Between that and the strange landscape of skulls, claws and tentacles that exists just under the surface of the water, something that we only ever see Jack passing through and that no one else seems to notice, you've pretty much got the major sources of horror here.

The thing is, all of that stuff, Jack's horrible past, the weirdness creeping around the fringes of the book, even the demon, is also genuinely hilarious. The comedy in this book goes all over the map in the best possible way, throwing in the sharp political satire with the lowest of the low-brow, like the scene where Jack announces his candidacy by climbing naked out of a frozen lake in the middle of winter and offering up his truly amazing campaign slogan, "It's time for America to get Jacked!" It's the kind of comedy that's exactly smart enough to know how to be stupid in the best possible ways.

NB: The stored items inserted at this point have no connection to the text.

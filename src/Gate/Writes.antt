-- ===== src/Gate/Writes.antt =====
-- What the writes of the gate do to each key: services/connection_gate.py over the documented
-- behaviour of Redis.
pub mod Permits
use terraformer.Base.{
  ℕ, ◌+◌, ◌≤◌, ◌≡◌, ◌≢◌, refl, sym, ◌∙◌, ap, Bool, true, false, Option, none, some, List, [], ◌∷◌,
  arith, ltb, ◌==◌, if◌then◌else◌, any, All, subst, Bool-cases, inl, inr,
}
use terraformer.Text.{Text}
use terraformer.Gate.{
  ConnectionOperation, connection_test, structured_read, structured_write, terminal,
  ConnectionTarget, ConnectionPermit, Settings, Spelling, ActiveKey, Key, active, permit,
  connection_test_rate, terminal_rate, authentication_failures, authentication_cooldown, micros,
  rate_limit, active_keys, global, terminals, device_active, terminal_device, permit_fingerprint,
}
use terraformer.Gate.Redis.{Redis, RedisLaws, SameAt, Cutoff, at, above, kept, is_after, one_if}
use terraformer.Gate.Admit.{
  permit_ttl, note_attempt, rate_cutoff, enter_set, enter_sets, record_permit, leave_sets,
  forget_permit,
}
use terraformer.Gate.Leases.{same_key, is_in}
use terraformer.Gate.Leases.Keys.{same_key→eq, same_key-ne, outside}

-- The keys that hold permits: not those of rates, failures and cooldowns.
abbrev pub IsPermitKey : Key → Type 0
IsPermitKey (active k) = Unit
IsPermitKey (permit m) = Unit
IsPermitKey (connection_test_rate digest profile) = ⊥
IsPermitKey (terminal_rate device) = ⊥
IsPermitKey (authentication_failures digest profile) = ⊥
IsPermitKey (authentication_cooldown digest profile) = ⊥

module _ (redis : Redis) where
  open redis use {Db, get, zcount, zscore, zrem, zremrangebyscore, zadd, expire, set, delete}

  pub SameAt-refl : (k : Key) (d : Db) → SameAt redis k d d
  SameAt-refl k d = record {
    same_get = λ t. refl;
    same_count = λ t c. refl;
    same_score = λ t m. refl;
  }

  pub SameAt-trans :
      (k : Key) (d e f : Db) → SameAt redis k d e → SameAt redis k e f → SameAt redis k d f
  SameAt-trans k d e f p q = record {
    same_get = λ t. p.same_get t ∙ q.same_get t;
    same_count = λ t c. p.same_count t c ∙ q.same_count t c;
    same_score = λ t m. p.same_score t m ∙ q.same_score t m;
  }

  module _ (laws : RedisLaws redis) (settings : Settings) where
    -- A new member at a key: what is read from `e` at s, above t, when it was added to `d` at `now`.
    pub record Entered (now m : ℕ) (k : ActiveKey) (e d : Db) : Type 0 where
      pub entered_count :
          (s t : ℕ)
          → now ≤ s
          → s ≤ t
          → zcount s (active k) (at t) e ≡ (
              if ltb s (now + permit_ttl settings)
              then zcount now (active k) (at t) d + one_if (ltb t (now + permit_ttl settings))
              else 0)
      pub entered_self :
          (s : ℕ)
          → now ≤ s
          → zscore s (active k) m e
            ≡ (if ltb s (now + permit_ttl settings) then some (now + permit_ttl settings) else none)
      pub entered_other :
          (s n : ℕ)
          → now ≤ s
          → m ≢ n
          → zscore s (active k) n e ≡ (
              if ltb s (now + permit_ttl settings)
              then kept (at now) (zscore now (active k) n d)
              else none)

    -- The identifier is not in the set, or no longer.
    abbrev pub IsFresh : ℕ → ℕ → ActiveKey → Db → Type 0
    IsFresh now m k d = (t : ℕ) → now ≤ t → above (at t) (zscore now (active k) m d) ≡ false

    -- The three commands that put a member into a set leave every other key alone.
    pub put-elsewhere :
        (now : ℕ) (j x : Key) (c : Cutoff) (m score ttl : ℕ) (d : Db)
        → j ≢ x
        → SameAt redis x (expire now j ttl (zadd now j m score (zremrangebyscore now j c d))) d
    put-elsewhere now j x c m score ttl d h =
        SameAt-trans x _ _ d (laws.expire_elsewhere now j x ttl _ h) (
          SameAt-trans x _ _ d (laws.zadd_elsewhere now j x m score _ h)
            (laws.prune_elsewhere now j x c d h))

    enter_set-Entered :
        (now m : ℕ) (k : ActiveKey) (d : Db)
        → IsFresh now m k d
        → Entered now m k (enter_set redis settings now m k d) d
    unfolding enter_set
    enter_set-Entered now m k d fresh = record {
      entered_count = λ s t p q.
          let pruned = zremrangebyscore now (active k) (at now) d in
          ground (
            arith,
            laws.zcount-expire now s (active k) (at t) (permit_ttl settings)
                (zadd now (active k) m (now + permit_ttl settings) pruned) p,
            laws.zcount-zadd now (active k) m (now + permit_ttl settings) (at t) pruned,
            laws.zscore-prune now (active k) m (at now) d,
            laws.zcount-prune now (active k) (at now) (at t) d,
            fresh t,
          );
      entered_self = λ s p.
          laws.zscore-expire now s (active k) m (permit_ttl settings) _ p
          ∙ ap (λ (x : Option ℕ). if ltb s (now + permit_ttl settings) then x else none)
              (laws.zscore-zadd now (active k) m (now + permit_ttl settings) _);
      entered_other = λ s n p q.
          laws.zscore-expire now s (active k) n (permit_ttl settings) _ p
          ∙ ap (λ (x : Option ℕ). if ltb s (now + permit_ttl settings) then x else none)
              (laws.zscore-zadd_other now (active k) m n (now + permit_ttl settings) _ q
                ∙ laws.zscore-prune now (active k) n (at now) d);
    }

    -- Only what is read counts.
    Entered-same :
        (now m : ℕ) (k : ActiveKey) (e' e d d' : Db)
        → SameAt redis (active k) e' e
        → SameAt redis (active k) d d'
        → Entered now m k e d
        → Entered now m k e' d'
    Entered-same now m k e' e d d' p q x = record {
      entered_count = λ s t u v.
          p.same_count s (at t)
          ∙ x.entered_count s t u v
          ∙ ap
              (λ (c : ℕ).
                if ltb s (now + permit_ttl settings)
                then c + one_if (ltb t (now + permit_ttl settings))
                else 0)
              (q.same_count now (at t));
      entered_self = λ s u. p.same_score s m ∙ x.entered_self s u;
      entered_other = λ s n u v.
          p.same_score s n
          ∙ x.entered_other s n u v
          ∙ ap
              (λ (c : Option ℕ).
                if ltb s (now + permit_ttl settings) then kept (at now) c else none)
              (q.same_score now n);
    }

    -- No set is named twice.
    pub IsDistinct : List ActiveKey → Type 0
    IsDistinct [] = Unit
    IsDistinct (k ∷ ks) = (any (same_key k) ks ≡ false) × IsDistinct ks

    pub enter_sets-other :
        (now m : ℕ) (x : Key) (ks : List ActiveKey) (d : Db)
        → All (λ k. active k ≢ x) ks
        → SameAt redis x (enter_sets redis settings now m ks d) d
    unfolding enter_sets enter_set
    enter_sets-other now m x [] d h = SameAt-refl x d
    enter_sets-other now m x (k ∷ ks) d h =
        SameAt-trans x _ _ d (enter_sets-other now m x ks _ h.1)
          (put-elsewhere now (active k) x (at now) m _ _ d h.0)

    pub enter_sets-outside :
        (now m : ℕ) (k : ActiveKey) (ks : List ActiveKey) (d : Db)
        → any (same_key k) ks ≡ false
        → SameAt redis (active k) (enter_sets redis settings now m ks d) d
    enter_sets-outside now m k ks d h = enter_sets-other now m (active k) ks d (outside k ks h)

    pub enter_sets-Entered :
        (now m : ℕ) (k : ActiveKey) (ks : List ActiveKey) (d : Db)
        → IsDistinct ks
        → any (same_key k) ks ≡ true
        → IsFresh now m k d
        → Entered now m k (enter_sets redis settings now m ks d) d
    unfolding enter_sets IsDistinct
    enter_sets-Entered now m k [] d u h f = cc h
    enter_sets-Entered now m k (j ∷ ks) d u h f = elim (Bool-cases (same_key k j)) [
      | inl e ↦
          subst
            (λ i.
              Entered now m i
                (enter_sets redis settings now m ks (enter_set redis settings now m j d)) d)
            (sym (same_key→eq k j e))
            (Entered-same now m j _ _ d d (enter_sets-outside now m j ks _ u.0)
              (SameAt-refl (active j) d)
              (enter_set-Entered now m j d (subst (λ i. IsFresh now m i d) (same_key→eq k j e) f)))
      | inr e ↦
          let s =
            put-elsewhere now (active j) (active k) (at now) m (now + permit_ttl settings)
              (permit_ttl settings) d (same_key-ne k j e) in
          Entered-same now m k _ _ _ d (SameAt-refl (active k) _) s (
            enter_sets-Entered now m k ks _ u.1 (ground (arith, h, e))
              (λ t p. ap (above (at t)) (s.same_score now m) ∙ f t p))
    ]

    rate_limit-elsewhere :
        (operation : ConnectionOperation) (target : ConnectionTarget) (x : Key) (now m : ℕ) (d : Db)
        → IsPermitKey x
        → SameAt redis x
            (note_attempt redis settings now m (rate_limit settings operation target) d)
            d
    unfolding rate_limit note_attempt
    rate_limit-elsewhere connection_test target x now m d h =
        put-elsewhere now _ x _ m now _ d (λ e. subst IsPermitKey (sym e) h)
    rate_limit-elsewhere structured_read target x now m d h = SameAt-refl x d
    rate_limit-elsewhere structured_write target x now m d h = SameAt-refl x d
    rate_limit-elsewhere terminal target x now m d h = go target.device_id
      where
        go :
            (o : Option ℕ)
            → SameAt redis x
                (note_attempt redis settings now m
                  (elim o [
                    | some device ↦ some (terminal_rate device, settings.terminal_open_rate_limit)
                    | none ↦ none
                  ])
                  d)
                d
        go none = SameAt-refl x d
        go (some device) = put-elsewhere now _ x _ m now _ d (λ e. subst IsPermitKey (sym e) h)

For Humphries, it feels like it's a natural evolution of the kind of bold, bizarre comedy that made him an instant hit when he burst onto the comics scene a few years ago with Our Love Is Real, but what really makes it all work is the art, from Patterson and colorist John Alderink. They're able to juggle the hot pink bathrobes, handguns, hockey rink flashbacks and hell-spawned monsters in a way that gives everything its own kind of weight.



More than anything else, it reminded me of Nick Pitarra's work in the early issues of The Manhattan Projects. It's that same combination of the familiar and the strange, walking that tightrope balance between cartoony and realistic that's so perfect for the strange political satire horror comedy that they're building.

That blending of genres might sound like a hard sell, but in this first issue, Citizen Jack sets up the promise of a pretty amazing story and gives every indication that it'll be delivering on that promise as the story goes on. It's weird, it's scary, it's hilarious, and it's even occasionally biting, but most of all, it's compelling, and well worth a read.